Required action —
Nothing in the data should be left out, so repeat it all exactly.

Input data —
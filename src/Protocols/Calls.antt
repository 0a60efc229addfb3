-- ===== src/Protocols/Calls.antt =====
-- What the executor of jarvis/protocols/executor.py calls and what it records.
use jarvis_server.Prelude.{
  All-append_one, ℕ, suc, String, ◌≡◌, refl, Bool, true, ◌&&◌, Option, none, some, List, [], ◌∷◌,
  str_eq_iff, contains, is_some, get_or, All, arith,
}
use jarvis_server.Value.{Value, Fields, end, field_of, set_field, field_of-set_field}
use jarvis_server.Protocols.{ProtocolStep, Protocol}
use jarvis_server.Protocols.Execution.{
  CapabilityResult, Call, Progress, step_id, refusal, run_step, run_steps, execute, error_result,
  step_result, map_parameters,
}

-- The agent is registered, and allowed if the caller restricts the agents.
abbrev may_run : Option (List String) → List String → String → Bool
may_run none agents agent = contains agent agents
may_run (some allowed) agents agent = contains agent allowed && contains agent agents

abbrev pub IsPermitted : Option (List String) → List String → Call → Type 0
IsPermitted allowed agents c = may_run allowed agents c.agent ≡ true

-- Each step from index `i` on has an entry under its id.
abbrev IsRecorded : ℕ → List ProtocolStep → Fields → Type 0
IsRecorded i [] results = Unit
IsRecorded i (s ∷ ss) results =
    (is_some (field_of (step_id i s) results) ≡ true) × IsRecorded (suc i) ss results

refusal-may_run :
    (allowed : Option (List String)) (agents : List String) (agent : String)
    → refusal allowed agents agent ≡ none
    → may_run allowed agents agent ≡ true
refusal-may_run none agents agent h = ground arith
refusal-may_run (some allowed) agents agent h = ground arith

has-set_field :
    (k j : String) (v : Value) (fs : Fields)
    → is_some (field_of j fs) ≡ true
    → is_some (field_of j (set_field k v fs)) ≡ true
has-set_field k j v fs h = ground (arith, field_of-set_field k j v fs)

has-set_field_self :
    (k : String) (v : Value) (fs : Fields) → is_some (field_of k (set_field k v fs)) ≡ true
has-set_field_self k v fs = ground (arith, field_of-set_field k k v fs, str_eq_iff k k)

module _ (is_failure : String → Bool) (allowed : Option (List String)) (agents : List String)
    (world : ℕ → Fields → CapabilityResult) (context : Fields) where
  step-IsPermitted :
      (r : Option String) (i : ℕ) (s : ProtocolStep) (p : Progress)
      → refusal allowed agents s.agent ≡ r
      → All (IsPermitted allowed agents) p.calls
      → All (IsPermitted allowed agents) (run_step is_failure r world context i s p).calls
  step-IsPermitted (some reason) i s p e h = h
  step-IsPermitted none i s p e h =
      All-append_one (IsPermitted allowed agents) _ p.calls h
        (refusal-may_run allowed agents s.agent e)

  steps-IsPermitted :
      (i : ℕ) (ss : List ProtocolStep) (p : Progress)
      → All (IsPermitted allowed agents) p.calls
      → All
          (IsPermitted allowed agents)
          (run_steps is_failure allowed agents world context i ss p).calls
  unfolding run_steps
  steps-IsPermitted i [] p h = h
  steps-IsPermitted i (s ∷ ss) p h =
      steps-IsPermitted (suc i) ss _
        (step-IsPermitted (refusal allowed agents s.agent) i s p refl h)

  step-keeps :
      (k : String) (r : Option String) (i : ℕ) (s : ProtocolStep) (p : Progress)
      → is_some (field_of k p.results) ≡ true
      → is_some (field_of k (run_step is_failure r world context i s p).results) ≡ true
  step-keeps k (some reason) i s p h =
      has-set_field (step_id i s) k (error_result reason) p.results h
  step-keeps k none i s p h =
      has-set_field (step_id i s) k
        (step_result is_failure
          (world i (map_parameters context p.results s.parameter_mappings s.parameters)))
        p.results h

  step-records :
      (r : Option String) (i : ℕ) (s : ProtocolStep) (p : Progress)
      → is_some (field_of (step_id i s) (run_step is_failure r world context i s p).results) ≡ true
  step-records (some reason) i s p =
      has-set_field_self (step_id i s) (error_result reason) p.results
  step-records none i s p =
      has-set_field_self (step_id i s)
        (step_result is_failure
          (world i (map_parameters context p.results s.parameter_mappings s.parameters)))
        p.results

  steps-keep :
      (k : String) (i : ℕ) (ss : List ProtocolStep) (p : Progress)
      → is_some (field_of k p.results) ≡ true
      → is_some (field_of k (run_steps is_failure allowed agents world context i ss p).results)
        ≡ true
  unfolding run_steps
  steps-keep k i [] p h = h
  steps-keep k i (s ∷ ss) p h =
      steps-keep k (suc i) ss _ (step-keeps k (refusal allowed agents s.agent) i s p h)

  steps-IsRecorded :
      (i : ℕ) (ss : List ProtocolStep) (p : Progress)
      → IsRecorded i ss (run_steps is_failure allowed agents world context i ss p).results
  unfolding run_steps
  steps-IsRecorded i [] p = tt
  steps-IsRecorded i (s ∷ ss) p = (
    steps-keep (step_id i s) (suc i) ss _ (step-records (refusal allowed agents s.agent) i s p),
    steps-IsRecorded (suc i) ss _,
  )

-- The executor calls only agents that are registered and, if the caller restricts the agents, allowed.
pub execute-IsPermitted :
    (is_failure : String → Bool) (allowed : Option (List String)) (agents : List String)
    (world : ℕ → Fields → CapabilityResult) (context : Option Fields) (protocol : Protocol)
    → All
        (IsPermitted allowed agents)
        (execute is_failure allowed agents world context protocol).calls
unfolding execute
execute-IsPermitted is_failure allowed agents world context protocol =
    steps-IsPermitted is_failure allowed agents world (get_or end context) 0 protocol.steps _ tt

-- No step is lost: whatever refused, failing or raising steps stand before it, each step of the
-- protocol has an entry in the results under its own id.
execute-IsRecorded :
    (is_failure : String → Bool) (allowed : Option (List String)) (agents : List String)
    (world : ℕ → Fields → CapabilityResult) (context : Option Fields) (protocol : Protocol)
    → IsRecorded 0 protocol.steps (execute is_failure allowed agents world context protocol).results
unfolding execute
execute-IsRecorded is_failure allowed agents world context protocol =
    steps-IsRecorded is_failure allowed agents world (get_or end context) 0 protocol.steps _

Written solution —
filename src/Protocols/Calls.antt
repository 0a60efc229addfb3
-- ===== src/Protocols/Calls.antt =====
-- What the executor of jarvis/protocols/executor.py calls and what it records.
use jarvis_server.Prelude.{
  All-append_one, ℕ, suc, String, ◌≡◌, refl, Bool, true, ◌&&◌, Option, none, some, List, [], ◌∷◌,
  str_eq_iff, contains, is_some, get_or, All, arith,
}
use jarvis_server.Value.{Value, Fields, end, field_of, set_field, field_of-set_field}
use jarvis_server.Protocols.{ProtocolStep, Protocol}
use jarvis_server.Protocols.Execution.{
  CapabilityResult, Call, Progress, step_id, refusal, run_step, run_steps, execute, error_result,
  step_result, map_parameters,
}

-- The agent is registered, and allowed if the caller restricts the agents.
abbrev may_run : Option (List String) → List String → String → Bool
may_run none agents agent = contains agent agents
may_run (some allowed) agents agent = contains agent allowed && contains agent agents

abbrev pub IsPermitted : Option (List String) → List String → Call → Type 0
IsPermitted allowed agents c = may_run allowed agents c.agent ≡ true

-- Each step from index `i` on has an entry under its id.
abbrev IsRecorded : ℕ → List ProtocolStep → Fields → Type 0
IsRecorded i [] results = Unit
IsRecorded i (s ∷ ss) results =
    (is_some (field_of (step_id i s) results) ≡ true) × IsRecorded (suc i) ss results

refusal-may_run :
    (allowed : Option (List String)) (agents : List String) (agent : String)
    → refusal allowed agents agent ≡ none
    → may_run allowed agents agent ≡ true
refusal-may_run none agents agent h = ground arith
refusal-may_run (some allowed) agents agent h = ground arith

has-set_field :
    (k j : String) (v : Value) (fs : Fields)
    → is_some (field_of j fs) ≡ true
    → is_some (field_of j (set_field k v fs)) ≡ true
has-set_field k j v fs h = ground (arith, field_of-set_field k j v fs)

has-set_field_self :
    (k : String) (v : Value) (fs : Fields) → is_some (field_of k (set_field k v fs)) ≡ true
has-set_field_self k v fs = ground (arith, field_of-set_field k k v fs, str_eq_iff k k)

module _ (is_failure : String → Bool) (allowed : Option (List String)) (agents : List String)
    (world : ℕ → Fields → CapabilityResult) (context : Fields) where
  step-IsPermitted :
      (r : Option String) (i : ℕ) (s : ProtocolStep) (p : Progress)
      → refusal allowed agents s.agent ≡ r
      → All (IsPermitted allowed agents) p.calls
      → All (IsPermitted allowed agents) (run_step is_failure r world context i s p).calls
  step-IsPermitted (some reason) i s p e h = h
  step-IsPermitted none i s p e h =
      All-append_one (IsPermitted allowed agents) _ p.calls h
        (refusal-may_run allowed agents s.agent e)

  steps-IsPermitted :
      (i : ℕ) (ss : List ProtocolStep) (p : Progress)
      → All (IsPermitted allowed agents) p.calls
      → All
          (IsPermitted allowed agents)
          (run_steps is_failure allowed agents world context i ss p).calls
  unfolding run_steps
  steps-IsPermitted i [] p h = h
  steps-IsPermitted i (s ∷ ss) p h =
      steps-IsPermitted (suc i) ss _
        (step-IsPermitted (refusal allowed agents s.agent) i s p refl h)

  step-keeps :
      (k : String) (r : Option String) (i : ℕ) (s : ProtocolStep) (p : Progress)
      → is_some (field_of k p.results) ≡ true
      → is_some (field_of k (run_step is_failure r world context i s p).results) ≡ true
  step-keeps k (some reason) i s p h =
      has-set_field (step_id i s) k (error_result reason) p.results h
  step-keeps k none i s p h =
      has-set_field (step_id i s) k
        (step_result is_failure
          (world i (map_parameters context p.results s.parameter_mappings s.parameters)))
        p.results h

  step-records :
      (r : Option String) (i : ℕ) (s : ProtocolStep) (p : Progress)
      → is_some (field_of (step_id i s) (run_step is_failure r world context i s p).results) ≡ true
  step-records (some reason) i s p =
      has-set_field_self (step_id i s) (error_result reason) p.results
  step-records none i s p =
      has-set_field_self (step_id i s)
        (step_result is_failure
          (world i (map_parameters context p.results s.parameter_mappings s.parameters)))
        p.results

  steps-keep :
      (k : String) (i : ℕ) (ss : List ProtocolStep) (p : Progress)
      → is_some (field_of k p.results) ≡ true
      → is_some (field_of k (run_steps is_failure allowed agents world context i ss p).results)
        ≡ true
  unfolding run_steps
  steps-keep k i [] p h = h
  steps-keep k i (s ∷ ss) p h =
      steps-keep k (suc i) ss _ (step-keeps k (refusal allowed agents s.agent) i s p h)

  steps-IsRecorded :
      (i : ℕ) (ss : List ProtocolStep) (p : Progress)
      → IsRecorded i ss (run_steps is_failure allowed agents world context i ss p).results
  unfolding run_steps
  steps-IsRecorded i [] p = tt
  steps-IsRecorded i (s ∷ ss) p = (
    steps-keep (step_id i s) (suc i) ss _ (step-records (refusal allowed agents s.agent) i s p),
    steps-IsRecorded (suc i) ss _,
  )

-- The executor calls only agents that are registered and, if the caller restricts the agents, allowed.
pub execute-IsPermitted :
    (is_failure : String → Bool) (allowed : Option (List String)) (agents : List String)
    (world : ℕ → Fields → CapabilityResult) (context : Option Fields) (protocol : Protocol)
    → All
        (IsPermitted allowed agents)
        (execute is_failure allowed agents world context protocol).calls
unfolding execute
execute-IsPermitted is_failure allowed agents world context protocol =
    steps-IsPermitted is_failure allowed agents world (get_or end context) 0 protocol.steps _ tt

-- No step is lost: whatever refused, failing or raising steps stand before it, each step of the
-- protocol has an entry in the results under its own id.
execute-IsRecorded :
    (is_failure : String → Bool) (allowed : Option (List String)) (agents : List String)
    (world : ℕ → Fields → CapabilityResult) (context : Option Fields) (protocol : Protocol)
    → IsRecorded 0 protocol.steps (execute is_failure allowed agents world context protocol).results
unfolding execute
execute-IsRecorded is_failure allowed agents world context protocol =
    steps-IsRecorded is_failure allowed agents world (get_or end context) 0 protocol.steps _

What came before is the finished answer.